Two Dimensional Performance with Three Dimensional Capacity: Engineering the Thermal Properties of Graphene

具有三维能力的二维性能：设计石墨烯的热性能

• 批准号: 1307671
• 负责人: Alexander Balandin
• 金额: $ 36万
• 依托单位: University of California-Riverside
• 依托单位国家: 美国
• 项目类别: Standard Grant
• 财政年份: 2013
• 资助国家: 美国
• 起止时间: 2013-08-01 至 2016-07-31
• 项目状态: 已结题
• 来源: https://www.nsf.gov/awardsearch/showAward?AWD_ID=1307671&HistoricalAwards=false
• 关键词: Two; Dimensional; Performance; Three; Capacity

The objective of this program is to investigate the effect of rotation angle on the thermal conductivity of twisted bilayer graphene. The experimental and theoretical evidence is clear that the electronic states of the individual layers in twisted bilayer graphene are decoupled. The effect of the twist angle on the phonon dispersion is still an open question, and the effect of twist angle on the in-plane thermal transport has yet to be studied. These questions are intimately related since the heat is carried by the phonons. If the phonon coupling in twisted graphene layers were suppressed, then the multi-layer twisted graphene films would have enhanced thermal conductivity of single 2D layers acting in parallel, thus allowing for transfer of extraordinary large heat fluxes. The intellectual merit of this program is in creating fundamental knowledge determining the relation of twist angle to the thermal conductivity of bilayer graphene. The possibility of maintaining 2D properties of graphene in bulk materials through the use of misoriented stacking is a transformational concept giving us the best of both worlds ? the enhanced performance of 2D combined with the capacity of 3D.The broader impact the project includes new applications of graphene for thermal management. It has the potential to increase the US technological competitiveness. It will increase the participation of women and underrepresented minorities and contribute to undergraduate and graduate STEM education at UC Riverside, which is the minority serving institution with the largest Hispanic student population among all UC campuses. This project is jointly funded by the Electronics, Photonics, and Magnetic Devices Program (EPMD) in the Division of Electrical, Communications and Cyber Systems (ECCS) and by the Electronic and Photonic Materials Program (EPM) in the Division of Materials Research (DMR).

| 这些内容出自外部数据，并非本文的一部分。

-- ===== src/Store.antt =====
-- hub/internal/store: the tables of the hub's database.
pub mod Servers
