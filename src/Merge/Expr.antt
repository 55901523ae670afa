-- ===== src/Merge/Expr.antt =====
-- The syntax of BUILD files as go/src/dropbox/build_tools/build-merge/main.go takes it apart, and
-- `maybeMergeExpr`. An argument `name = value` is a pointer to an `Assign` in a store, since the
-- program writes to it.
use dbx_build_tools.Base.{
  sym, subst, ℕ, ◌≡◌, refl, ap, ◌∙◌, inl, inr, Bool, true, not, List, [], ◌∷◌, ◌++◌, append_assoc,
  Str, codes, str_eq, if◌then◌else◌, arith, Bool-cases,
}
use dbx_build_tools.Base.Result.{Result, ok, err, ◌>>=◌, >>=-ok_inv}

-- The tokens of the comments of a node.
pub record Comments : Type 0 where
  pub before : List Str
  pub suffix : List Str
  pub after : List Str

mutual
  pub data Expr : Type 0 where
    ident string_lit : Str → Expr
    list dict : Exprs → Expr
    -- The function, the arguments and the comments.
    call : Expr → Exprs → Comments → Expr
    dot : Expr → Str → Expr
    -- The left side, the operator, whether a line break follows it, and the right side.
    binary : Expr → Str → Bool → Expr → Expr
    assign : ℕ → Expr
    -- The module, and the names `From` and `To`.
    load : Str → List Str → List Str → Expr
    comment_block other : ℕ → Expr

  pub data Exprs : Type 0 where
    nil : Exprs
    cons : Expr → Exprs → Exprs

pub record Assign : Type 0 where
  pub lhs : Expr
  pub rhs : Expr

pub data MergeError : Type 0 where
  cannot_merge : Str → Str → MergeError
  conflicting_licenses : MergeError

abbrev pub no_comments : Comments
no_comments = record { before = []; suffix = []; after = [] }

-- `l, ok := rhs.(*build.ListExpr)`, and the sum that follows.
abbrev pub plus_list : Expr → Expr → MergeError → Result MergeError Expr
plus_list t (list l) e = ok (binary t (codes "+") true (list l))
plus_list t _ e = err e

abbrev pub update_dict : Expr → Expr → MergeError → Result MergeError Expr
update_dict t (dict d) e = ok (call (dot t (codes "update")) (cons (dict d) nil) no_comments)
update_dict t _ e = err e

abbrev pub plus_glob : Expr → Expr → Expr → MergeError → Result MergeError Expr
plus_glob (ident name) t rhs e =
    if not (str_eq name (codes "glob")) then err e else plus_list t rhs e
plus_glob _ t rhs e = err e

unfoldable pub maybe_merge_expr : Expr → Expr → Str → Str → Result MergeError Expr
maybe_merge_expr (list l) rhs lhs_name rhs_name =
    plus_list (list l) rhs (cannot_merge lhs_name rhs_name)
maybe_merge_expr (dict d) rhs lhs_name rhs_name =
    update_dict (dict d) rhs (cannot_merge lhs_name rhs_name)
maybe_merge_expr (call x args c) rhs lhs_name rhs_name =
    plus_glob x (call x args c) rhs (cannot_merge lhs_name rhs_name)
maybe_merge_expr (binary x op line_break y) rhs lhs_name rhs_name =
    let rest = maybe_merge_expr y rhs lhs_name rhs_name in
    if not (str_eq op (codes "+"))
    then err (cannot_merge lhs_name rhs_name)
    else rest >>= λ z. ok (binary x (codes "+") line_break z)
maybe_merge_expr _ rhs lhs_name rhs_name = err (cannot_merge lhs_name rhs_name)

-- The summands of an expression: itself, if it is not a sum.
abbrev pub summands : Expr → List Expr
summands (binary x op line_break y) =
    let left = summands x in
    let right = summands y in
    if str_eq op (codes "+") then left ++ right else binary x op line_break y ∷ []
summands (ident s) = ident s ∷ []
summands (string_lit s) = string_lit s ∷ []
summands (list l) = list l ∷ []
summands (dict d) = dict d ∷ []
summands (call x args c) = call x args c ∷ []
summands (dot x s) = dot x s ∷ []
summands (assign r) = assign r ∷ []
summands (load m f t) = load m f t ∷ []
summands (comment_block n) = comment_block n ∷ []
summands (other n) = other n ∷ []

plus_glob-ok :
    (x t : Expr) (l : Exprs) (e : MergeError) (r : Expr)
    → plus_glob x t (list l) e ≡ ok r
    → binary t (codes "+") true (list l) ≡ r
unfolding str_eq
plus_glob-ok (ident name) t l e r h = elim (Bool-cases (str_eq name (codes "glob"))) [
  | inl g ↦ cc (rw g at h)
  | inr g ↦ absurd (ground (arith, h, g))
]
plus_glob-ok (string_lit s) t l e r h = absurd (cc)
plus_glob-ok (list m) t l e r h = absurd (cc)
plus_glob-ok (dict d) t l e r h = absurd (cc)
plus_glob-ok (call y a c) t l e r h = absurd (cc)
plus_glob-ok (dot y s) t l e r h = absurd (cc)
plus_glob-ok (binary y o b z) t l e r h = absurd (cc)
plus_glob-ok (assign n) t l e r h = absurd (cc)
plus_glob-ok (load m f g) t l e r h = absurd (cc)
plus_glob-ok (comment_block n) t l e r h = absurd (cc)
plus_glob-ok (other n) t l e r h = absurd (cc)

-- When a list is merged into an expression, the result is the sum of what the expression was the
-- sum of, and of the list; in particular nothing of the expression is lost.
pub maybe_merge_expr_sum :
    (lhs : Expr) (l : Exprs) (lhs_name rhs_name : Str) (r : Expr)
    → maybe_merge_expr lhs (list l) lhs_name rhs_name ≡ ok r
    → summands r ≡ summands lhs ++ list l ∷ []
unfolding maybe_merge_expr str_eq
maybe_merge_expr_sum (list m) l a b r h =
    let same : binary (list m) (codes "+") true (list l) ≡ r = cc (h) in
    subst (λ z. summands z ≡ list m ∷ list l ∷ []) same refl
maybe_merge_expr_sum (call x args c) l a b r h =
    subst (λ z. summands z ≡ call x args c ∷ list l ∷ []) (plus_glob-ok x (call x args c) l _ r h)
      refl
maybe_merge_expr_sum (binary x op line_break y) l a b r h =
    elim (Bool-cases (str_eq op (codes "+"))) [
      | inr e ↦ absurd (ground (arith, h, e))
      | inl e ↦
          let (z, m, f) =
            >>=-ok_inv (maybe_merge_expr y (list l) a b)
              (λ z. ok (binary x (codes "+") line_break z)) (rw e at h) in
          let same : binary x (codes "+") line_break z ≡ r = cc (f) in
          rw e (
            subst (λ w. summands w ≡ (summands x ++ summands y) ++ list l ∷ []) same
              (ap (λ (s : List Expr). summands x ++ s) (maybe_merge_expr_sum y l a b z m)
                ∙ sym (append_assoc (summands x) (summands y) (list l ∷ []))))
    ]
maybe_merge_expr_sum (dict d) l a b r h = absurd (cc)
maybe_merge_expr_sum (ident s) l a b r h = absurd (cc)
maybe_merge_expr_sum (string_lit s) l a b r h = absurd (cc)
maybe_merge_expr_sum (dot x s) l a b r h = absurd (cc)
maybe_merge_expr_sum (assign n) l a b r h = absurd (cc)
maybe_merge_expr_sum (load m f t) l a b r h = absurd (cc)
maybe_merge_expr_sum (comment_block n) l a b r h = absurd (cc)
maybe_merge_expr_sum (other n) l a b r h = absurd (cc)
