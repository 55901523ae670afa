-- ===== src/Merge/Call.antt =====
-- `mergeCallExpr` and `mergeLicenses` of go/src/dropbox/build_tools/build-merge/main.go.
use dbx_build_tools.Base.{
  ℕ, Bool, true, false, ◌&&◌, Option, none, some, List, [], ◌∷◌, ◌++◌, Str, codes, str_eq, has,
  has_prefix, drop, length, set, get_elem?, lookup, insert, domain, if◌then◌else◌,
}
use dbx_build_tools.Base.Result.{Result, ok, panic, ◌>>=◌}
use dbx_build_tools.Merge.Expr.{
  Comments, Expr, Exprs, nil, cons, ident, string_lit, list, call, assign, Assign, MergeError,
  maybe_merge_expr,
}

abbrev pub exprs_of : List Expr → Exprs
exprs_of [] = nil
exprs_of (e ∷ es) = cons e (exprs_of es)

abbrev pub ident_name : Expr → Option Str
ident_name (ident name) = some name
ident_name _ = none

-- The name of the assignment that a pointer stands for, if its left side is a name.
abbrev pub name_at : List Assign → ℕ → Option Str
name_at assigns r = elim (get_elem? assigns r) [ none ↦ none | some a ↦ ident_name a.lhs ]

-- The pointer and the name of an argument `name = value`.
abbrev pub named_arg : List Assign → Expr → Option (ℕ × Str)
named_arg assigns (assign r) = elim (name_at assigns r) [ none ↦ none | some name ↦ some (r, name) ]
named_arg assigns _ = none

-- The loop over `call2.List`: `overrideArgs` and `additionalArgs`.
unfoldable pub classify :
    List Assign → Exprs → List (Str × ℕ) → List (Str × ℕ) → List (Str × ℕ) × List (Str × ℕ)
classify assigns nil overrides additional = (overrides, additional)
classify assigns (cons arg args) overrides additional = elim (named_arg assigns arg) [
  | none ↦ classify assigns args overrides additional
  | some (r, name) ↦
      let more = classify assigns args overrides (insert name r additional) in
      let others = classify assigns args (insert name r overrides) additional in
      if has_prefix name (codes "additional_") then more else others
]

-- The local variables of `mergeCallExpr` that its loops change, with the store.
pub record Merging : Type 0 where
  pub used : List Str
  pub assigns : List Assign
  pub out : List Expr

abbrev pub add_out : Expr → Merging → Merging
add_out e s = record s { out = s.out ++ e ∷ [] }

abbrev pub use_name : Str → Merging → Merging
use_name name s = record s { used = name ∷ s.used }

abbrev pub additional_key : Str → Str
additional_key name = codes "additional_" ++ name

-- `assign.RHS = newExpr`
abbrev pub set_rhs : ℕ → Expr → List Assign → List Assign
set_rhs r e assigns = elim (get_elem? assigns r) [
  | none ↦ assigns
  | some a ↦ set assigns r (record a { rhs = e })
]

-- `maybeMergeAdditionalArg`
unfoldable pub merge_additional : Str → ℕ → List (Str × ℕ) → Merging → Result MergeError Merging
merge_additional name r additional s = elim (lookup (additional_key name) additional) [
  | none ↦ ok s
  | some add ↦
      let s' = use_name (additional_key name) s in
      elim (get_elem? s.assigns r) [
        | none ↦ panic
        | some a ↦ elim (get_elem? s.assigns add) [
          | none ↦ panic
          | some b ↦ maybe_merge_expr a.rhs b.rhs name (additional_key name) >>= λ e.
              ok (record s' { assigns = set_rhs r e s.assigns })
        ]
      ]
]

-- The loop over `call1.List`.
unfoldable pub args_loop :
    Exprs → List (Str × ℕ) → List (Str × ℕ) → Merging → Result MergeError Merging
unfolding merge_additional
args_loop nil overrides additional s = ok s
args_loop (cons arg args) overrides additional s = elim (named_arg s.assigns arg) [
  | none ↦ args_loop args overrides additional (add_out arg s)
  | some (r, name) ↦ elim (lookup name overrides) [
    | none ↦ merge_additional name r additional s >>= λ s'.
        args_loop args overrides additional (add_out (assign r) s')
    | some o ↦ merge_additional name o additional (use_name name s) >>= λ s'.
        args_loop args overrides additional (add_out (assign o) s')
  ]
]

-- The loop over `overrideArgs`, whose names are given in the order in which Go walks the map.
unfoldable pub overrides_loop :
    List Str → List (Str × ℕ) → List (Str × ℕ) → Merging → Result MergeError Merging
unfolding merge_additional
overrides_loop [] overrides additional s = ok s
overrides_loop (name ∷ names) overrides additional s =
    let skipped = overrides_loop names overrides additional s in
    if has name s.used then skipped else elim (lookup name overrides) [
      | none ↦ skipped
      | some o ↦ merge_additional name o additional s >>= λ s'.
          overrides_loop names overrides additional (add_out (assign o) s')
    ]

-- The loop over `additionalArgs`: `entry` is a new assignment without the prefix of the name.
unfoldable pub additional_loop : List Str → List (Str × ℕ) → Merging → Result MergeError Merging
additional_loop [] additional s = ok s
additional_loop (name ∷ names) additional s =
    let skipped = additional_loop names additional s in
    if has name s.used then skipped else elim (lookup name additional) [
      | none ↦ skipped
      | some add ↦ elim (get_elem? s.assigns add) [
        | none ↦ panic
        | some a ↦
            let entry = record a { lhs = ident (drop 11 name) } in
            additional_loop names additional
              (add_out (assign (length s.assigns)) (record s { assigns = s.assigns ++ entry ∷ [] }))
      ]
    ]

abbrev pub append_comments : Comments → Comments → Comments
append_comments a b = record {
  before = a.before ++ b.before;
  suffix = a.suffix ++ b.suffix;
  after = a.after ++ b.after;
}

module _ (map_order : List Str → List Str) where
  unfoldable pub merge_args : List Assign → Exprs → Exprs → Result MergeError Merging
  unfolding classify args_loop overrides_loop additional_loop
  merge_args assigns args1 args2 =
      let (overrides, additional) = classify assigns args2 [] [] in
      args_loop args1 overrides additional (record { used = []; assigns = assigns; out = [] })
      >>= λ s. overrides_loop (map_order (domain overrides)) overrides additional s >>= λ s'.
          additional_loop (map_order (domain additional)) additional s'

  -- `mergeCallExpr` on the statements, both of which are calls: the call, and the store.
  unfoldable pub merge_call_expr :
      Expr → Expr → List Assign → Result MergeError (Expr × List Assign)
  unfolding merge_args
  merge_call_expr (call x1 args1 c1) (call x2 args2 c2) assigns =
      merge_args assigns args1 args2 >>= λ s.
      ok (call x1 (exprs_of s.out) (append_comments c1 c2), s.assigns)
  merge_call_expr _ _ assigns = panic

-- Whether two lists of strings hold the same values; other expressions are never the same.
abbrev pub same_strings : Exprs → Exprs → Bool
same_strings nil nil = true
same_strings (cons (string_lit a) l) (cons (string_lit b) m) = str_eq a b && same_strings l m
same_strings _ _ = false

abbrev pub same_tokens : List Str → List Str → Bool
same_tokens [] [] = true
same_tokens (a ∷ l) (b ∷ m) = str_eq a b && same_tokens l m
same_tokens _ _ = false

abbrev pub same_licenses : Exprs → Exprs → Bool
same_licenses (cons (list l) nil) (cons (list m) nil) = same_strings l m
same_licenses _ _ = false

-- `mergeLicenses` of two calls; none is nil.
unfoldable pub merge_licenses : Expr → Expr → Option Expr
merge_licenses (call x1 args1 c1) (call x2 args2 c2) =
    if same_tokens c1.suffix c2.suffix && same_licenses args1 args2
    then some (call x1 args1 c1)
    else none
merge_licenses _ _ = none
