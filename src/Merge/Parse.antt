-- ===== src/Merge/Parse.antt =====
-- `parse` of go/src/dropbox/build_tools/build-merge/main.go, on the statements that the parser of
-- BUILD files gives. A `*mergeable` is its address in a store that both inputs share.
use dbx_build_tools.Base.{
  ℕ, Bool, false, not, Option, none, some, List, [], ◌∷◌, ◌++◌, Str, codes, str_eq, length,
  get_elem?, lookup, insert, if◌then◌else◌,
}
use dbx_build_tools.Merge.Expr.{
  Comments, Expr, Exprs, nil, cons, ident, string_lit, call, assign, load, Assign,
}

pub record Mergeable : Type 0 where
  pub stmt : Expr
  pub merged : Bool
  -- The empty string for a statement that is no target.
  pub target_name : Str

pub record Parsed : Type 0 where
  pub comments : Comments
  pub stmts : List ℕ
  pub pkg : Option ℕ
  pub loads : List (Str × List ℕ)
  pub licenses : Option ℕ
  pub calls : List (Str × ℕ)

pub record Store : Type 0 where
  pub assigns : List Assign
  pub mergeables : List Mergeable

-- The right side of an argument `name = "..."`.
abbrev pub name_value : List Assign → Expr → Option Str
name_value assigns (assign r) = elim (get_elem? assigns r) [
  | none ↦ none
  | some a ↦ elim a.lhs [
    | ident name ↦
        if not (str_eq name (codes "name"))
        then none
        else elim a.rhs [ string_lit s ↦ some s | _ ↦ none ]
    | _ ↦ none
  ]
]
name_value assigns _ = none

-- The loop over the arguments of a call, which stops at the first name.
unfoldable pub target_of : List Assign → Exprs → Option Str
target_of assigns nil = none
target_of assigns (cons arg args) = elim (name_value assigns arg) [
  | some s ↦ some s
  | none ↦ target_of assigns args
]

abbrev pub entries_at : Str → List (Str × List ℕ) → List ℕ
entries_at file loads = elim (lookup file loads) [ none ↦ [] | some entries ↦ entries ]

-- What the statement at an address adds to the tables of a file, and its target's name.
unfoldable pub register_stmt : List Assign → ℕ → Expr → Parsed → Parsed × Str
unfolding target_of
register_stmt assigns m (call (ident name) args c) p =
    if str_eq name (codes "package")
    then (record p { pkg = some m }, [])
    else if str_eq name (codes "licenses")
    then (record p { licenses = some m }, [])
    else elim (target_of assigns args) [
      | none ↦ (p, [])
      | some target ↦ (record p { calls = insert target m p.calls }, target)
    ]
register_stmt assigns m (load file from to) p =
    (record p { loads = insert file (entries_at file p.loads ++ m ∷ []) p.loads }, [])
register_stmt assigns m _ p = (p, [])

-- The loop over `file.Stmt`.
unfoldable pub parse_stmts : List Expr → Parsed → Store → Parsed × Store
unfolding register_stmt
parse_stmts [] p s = (p, s)
parse_stmts (stmt ∷ stmts) p s =
    let m = length s.mergeables in
    let (p', target) = register_stmt s.assigns m stmt p in
    parse_stmts stmts (record p' { stmts = p'.stmts ++ m ∷ [] })
      (record s {
        mergeables =
            s.mergeables ++ record { stmt = stmt; merged = false; target_name = target } ∷ [];
      })

unfoldable pub parse : Comments → List Expr → Store → Parsed × Store
unfolding parse_stmts
parse comments stmts s =
    parse_stmts stmts
      (record {
        comments = comments;
        stmts = [];
        pkg = none;
        loads = [];
        licenses = none;
        calls = [];
      })
      s
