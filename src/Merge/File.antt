-- ===== src/Merge/File.antt =====
-- `merge` of go/src/dropbox/build_tools/build-merge/main.go, on two parsed files.
use dbx_build_tools.Base.{
  ℕ, Bool, true, false, not, Option, none, some, List, [], ◌∷◌, ◌++◌, map, Str, str_eq, has, set,
  get_elem?, lookup, insert, domain, sort_strings, if◌then◌else◌,
}
use dbx_build_tools.Base.Result.{Result, ok, err, panic, ◌>>=◌}
use dbx_build_tools.Merge.Expr.{
  Comments, Expr, assign, load, comment_block, MergeError, conflicting_licenses,
}
use dbx_build_tools.Merge.Call.{append_comments, merge_call_expr, merge_licenses}
use dbx_build_tools.Merge.Parse.{Mergeable, Parsed, Store, entries_at}

-- `m.merged = true`
abbrev pub mark : ℕ → List Mergeable → List Mergeable
mark m ms = elim (get_elem? ms m) [ none ↦ ms | some x ↦ set ms m (record x { merged = true }) ]

abbrev pub is_comment_block : Expr → Bool
is_comment_block (comment_block n) = true
is_comment_block _ = false

abbrev pub is_assign : Expr → Bool
is_assign (assign r) = true
is_assign _ = false

-- The loop over the leading comment blocks.
unfoldable pub leading_comments : List ℕ → List Mergeable → List Expr × List Mergeable
leading_comments [] ms = ([], ms)
leading_comments (m ∷ l) ms = elim (get_elem? ms m) [
  | none ↦ ([], ms)
  | some x ↦
      let (es, ms') = leading_comments l (mark m ms) in
      if not (is_comment_block x.stmt) then ([], ms) else (x.stmt ∷ es, ms')
]

-- The loop over the assignments of variables.
unfoldable pub assignments : List ℕ → List Mergeable → List Expr × List Mergeable
assignments [] ms = ([], ms)
assignments (m ∷ l) ms = elim (get_elem? ms m) [
  | none ↦ assignments l ms
  | some x ↦
      let skipped = assignments l ms in
      let (es, ms') = assignments l (mark m ms) in
      if not (is_assign x.stmt) then skipped else (x.stmt ∷ es, ms')
]

-- `input1.loads[file] = append(input1.loads[file], entries...)` for each file of the second input.
unfoldable pub join_loads : List (Str × List ℕ) → List (Str × List ℕ) → List (Str × List ℕ)
join_loads [] loads = loads
join_loads ((file, entries) ∷ more) loads =
    join_loads more (insert file (entries_at file loads ++ entries) loads)

-- The loop over the names of one load: `fromTo`, and `sortedImports` before it is sorted. A missing
-- `To` is an index out of range.
unfoldable pub import_names :
    List Str
    → List Str
    → List (Str × Str)
    → List Str
    → Result MergeError (List (Str × Str) × List Str)
import_names [] to from_to imports = ok (from_to, imports)
import_names (f ∷ from) [] from_to imports =
    if has f (domain from_to) then import_names from [] from_to imports else panic
import_names (f ∷ from) (t ∷ to) from_to imports =
    let skipped = import_names from to from_to imports in
    let taken = import_names from to (insert f t from_to) (imports ++ f ∷ []) in
    if has f (domain from_to) then skipped else taken

unfoldable pub load_entries :
    List ℕ
    → List Mergeable
    → List (Str × Str)
    → List Str
    → Result MergeError (List (Str × Str) × List Str × List Mergeable)
unfolding import_names
load_entries [] ms from_to imports = ok (from_to, imports, ms)
load_entries (m ∷ entries) ms from_to imports = elim (get_elem? ms m) [
  | none ↦ panic
  | some x ↦ elim x.stmt [
    | load file from to ↦ import_names from to from_to imports >>= λ (from_to', imports').
        load_entries entries (mark m ms) from_to' imports'
    | _ ↦ panic
  ]
]

abbrev pub to_of : List (Str × Str) → Str → Str
to_of from_to f = elim (lookup f from_to) [ none ↦ [] | some t ↦ t ]

-- The loop over `sortedLoads`: one load for each file, its names sorted.
unfoldable pub loads_loop :
    List Str → List (Str × List ℕ) → List Mergeable → Result MergeError (List Expr × List Mergeable)
unfolding load_entries
loads_loop [] loads ms = ok ([], ms)
loads_loop (file ∷ files) loads ms =
    load_entries (entries_at file loads) ms [] [] >>= λ (from_to, imports, ms').
    let sorted = sort_strings imports in
    loads_loop files loads ms' >>= λ (es, ms'').
    ok (load file sorted (map (to_of from_to) sorted) ∷ es, ms'')

abbrev pub stmt_at : List Mergeable → ℕ → Option Expr
stmt_at ms m = elim (get_elem? ms m) [ none ↦ none | some x ↦ some x.stmt ]

-- What `merge` changes.
pub record Output : Type 0 where
  pub stmts : List Expr
  pub store : Store

abbrev pub add_stmts : List Expr → List Mergeable → Output → Output
add_stmts es ms o = record { stmts = o.stmts ++ es; store = record o.store { mergeables = ms } }

-- One statement of an input is written and marked.
abbrev pub take_stmt : ℕ → Output → Result MergeError Output
take_stmt m o = elim (stmt_at o.store.mergeables m) [
  | none ↦ panic
  | some e ↦ ok (add_stmts (e ∷ []) (mark m o.store.mergeables) o)
]

-- The assignments of variables of both inputs.
unfoldable pub merge_assignments : Parsed → Parsed → Output → Output
unfolding assignments
merge_assignments input1 input2 o =
    let (assigns1, ms1) = assignments input1.stmts o.store.mergeables in
    let (assigns2, ms2) = assignments input2.stmts ms1 in add_stmts (assigns1 ++ assigns2) ms2 o

module _ (map_order : List Str → List Str) where
  -- `mergeCallExpr(m1, m2)`, with both statements marked.
  unfoldable pub merge_stmts : ℕ → ℕ → Output → Result MergeError Output
  unfolding merge_call_expr
  merge_stmts m1 m2 o = elim (stmt_at o.store.mergeables m1) [
    | none ↦ panic
    | some e1 ↦ elim (stmt_at o.store.mergeables m2) [
      | none ↦ panic
      | some e2 ↦ do
        (e, assigns) ← merge_call_expr map_order e1 e2 o.store.assigns
        ok (record {
          stmts = o.stmts ++ e ∷ [];
          store = record { assigns = assigns; mergeables = mark m2 (mark m1 o.store.mergeables) };
        })
    ]
  ]

  unfoldable pub merge_pkg : Option ℕ → Option ℕ → Output → Result MergeError Output
  unfolding merge_stmts
  merge_pkg (some m1) (some m2) o = merge_stmts m1 m2 o
  merge_pkg (some m1) none o = take_stmt m1 o
  merge_pkg none (some m2) o = take_stmt m2 o
  merge_pkg none none o = ok o

  unfoldable pub merge_both_licenses : Option ℕ → Option ℕ → Output → Result MergeError Output
  merge_both_licenses (some m1) (some m2) o = elim (stmt_at o.store.mergeables m1) [
    | none ↦ panic
    | some e1 ↦ elim (stmt_at o.store.mergeables m2) [
      | none ↦ panic
      | some e2 ↦ elim (merge_licenses e1 e2) [
        | none ↦ err conflicting_licenses
        | some e ↦ ok (add_stmts (e ∷ []) (mark m2 (mark m1 o.store.mergeables)) o)
      ]
    ]
  ]
  merge_both_licenses (some m1) none o = take_stmt m1 o
  merge_both_licenses none (some m2) o = take_stmt m2 o
  merge_both_licenses none none o = ok o

  -- The loop over the rules of the first input, with the calls of the second.
  unfoldable pub rules_loop : List ℕ → List (Str × ℕ) → Output → Result MergeError Output
  unfolding merge_stmts
  rules_loop [] calls o = ok o
  rules_loop (m ∷ l) calls o = elim (get_elem? o.store.mergeables m) [
    | none ↦ panic
    | some x ↦
        let skipped = rules_loop l calls o in
        let other = if str_eq x.target_name [] then none else lookup x.target_name calls in
        if x.merged then skipped else elim other [
          | some m2 ↦ merge_stmts m m2 o >>= rules_loop l calls
          | none ↦ take_stmt m o >>= rules_loop l calls
        ]
  ]

  -- The loop over the rules of the second input.
  unfoldable pub other_rules_loop : List ℕ → Output → Result MergeError Output
  other_rules_loop [] o = ok o
  other_rules_loop (m ∷ l) o = elim (get_elem? o.store.mergeables m) [
    | none ↦ panic
    | some x ↦
        let skipped = other_rules_loop l o in
        if x.merged then skipped else take_stmt m o >>= other_rules_loop l
  ]

  -- `merge` up to the licenses.
  unfoldable pub merge_head : Parsed → Parsed → Store → Result MergeError Output
  unfolding leading_comments merge_pkg join_loads loads_loop merge_both_licenses
  merge_head input1 input2 s0 = do
    let (comments1, ms1) = leading_comments input1.stmts s0.mergeables
    let (comments2, ms2) = leading_comments input2.stmts ms1
    let o1 : Output = record {
      stmts = comments1 ++ comments2;
      store = record s0 { mergeables = ms2 };
    }
    o2 ← merge_pkg input1.pkg input2.pkg o1
    let loads = join_loads input2.loads input1.loads
    (es, ms3) ← loads_loop (sort_strings (domain loads)) loads o2.store.mergeables
    merge_both_licenses input1.licenses input2.licenses (add_stmts es ms3 o2)

  -- `merge`: the comments and the statements of the output, and the store.
  unfoldable pub merge : Parsed → Parsed → Store → Result MergeError (Comments × Output)
  unfolding merge_head merge_assignments rules_loop other_rules_loop
  merge input1 input2 s0 = merge_head input1 input2 s0 >>= λ o3.
      rules_loop input1.stmts input2.calls (merge_assignments input1 input2 o3) >>= λ o4.
      other_rules_loop input2.stmts o4 >>= λ o5.
      ok (append_comments input1.comments input2.comments, o5)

本计画的目的是研究旋转角度对扭曲双层石墨烯导热系数的影响。实验和理论证据清楚地表明，扭曲双层石墨烯中各个层的电子态是解耦的。扭转角对声子色散的影响仍然是一个悬而未决的问题，而扭转角对面内热输运的影响还有待研究。这些问题是密切相关的，因为热是由声子携带的。 如果扭曲石墨烯层中的声子耦合被抑制，则多层扭曲石墨烯膜将具有并联作用的单个2D层的增强的热导率，从而允许传递非常大的热通量。该程序的智力价值在于创建确定双层石墨烯的扭曲角与热导率的关系的基础知识。通过使用错位堆叠来保持块状材料中石墨烯的2D特性的可能性是一个变革性的概念，给我们两全其美的机会。2D的增强性能与3D的容量相结合。该项目的更广泛影响包括石墨烯在热管理方面的新应用。它有可能提高美国的技术竞争力。它将增加妇女和代表性不足的少数民族的参与，并有助于本科和研究生干教育在加州大学滨江，这是少数服务机构与最大的西班牙裔学生人口之间的所有加州大学校园。该项目由电气，通信和网络系统（ECCS）部门的电子，光子学和磁器件计划（EPMD）以及材料研究（DMR）部门的电子和光子材料计划（EMPs）共同资助。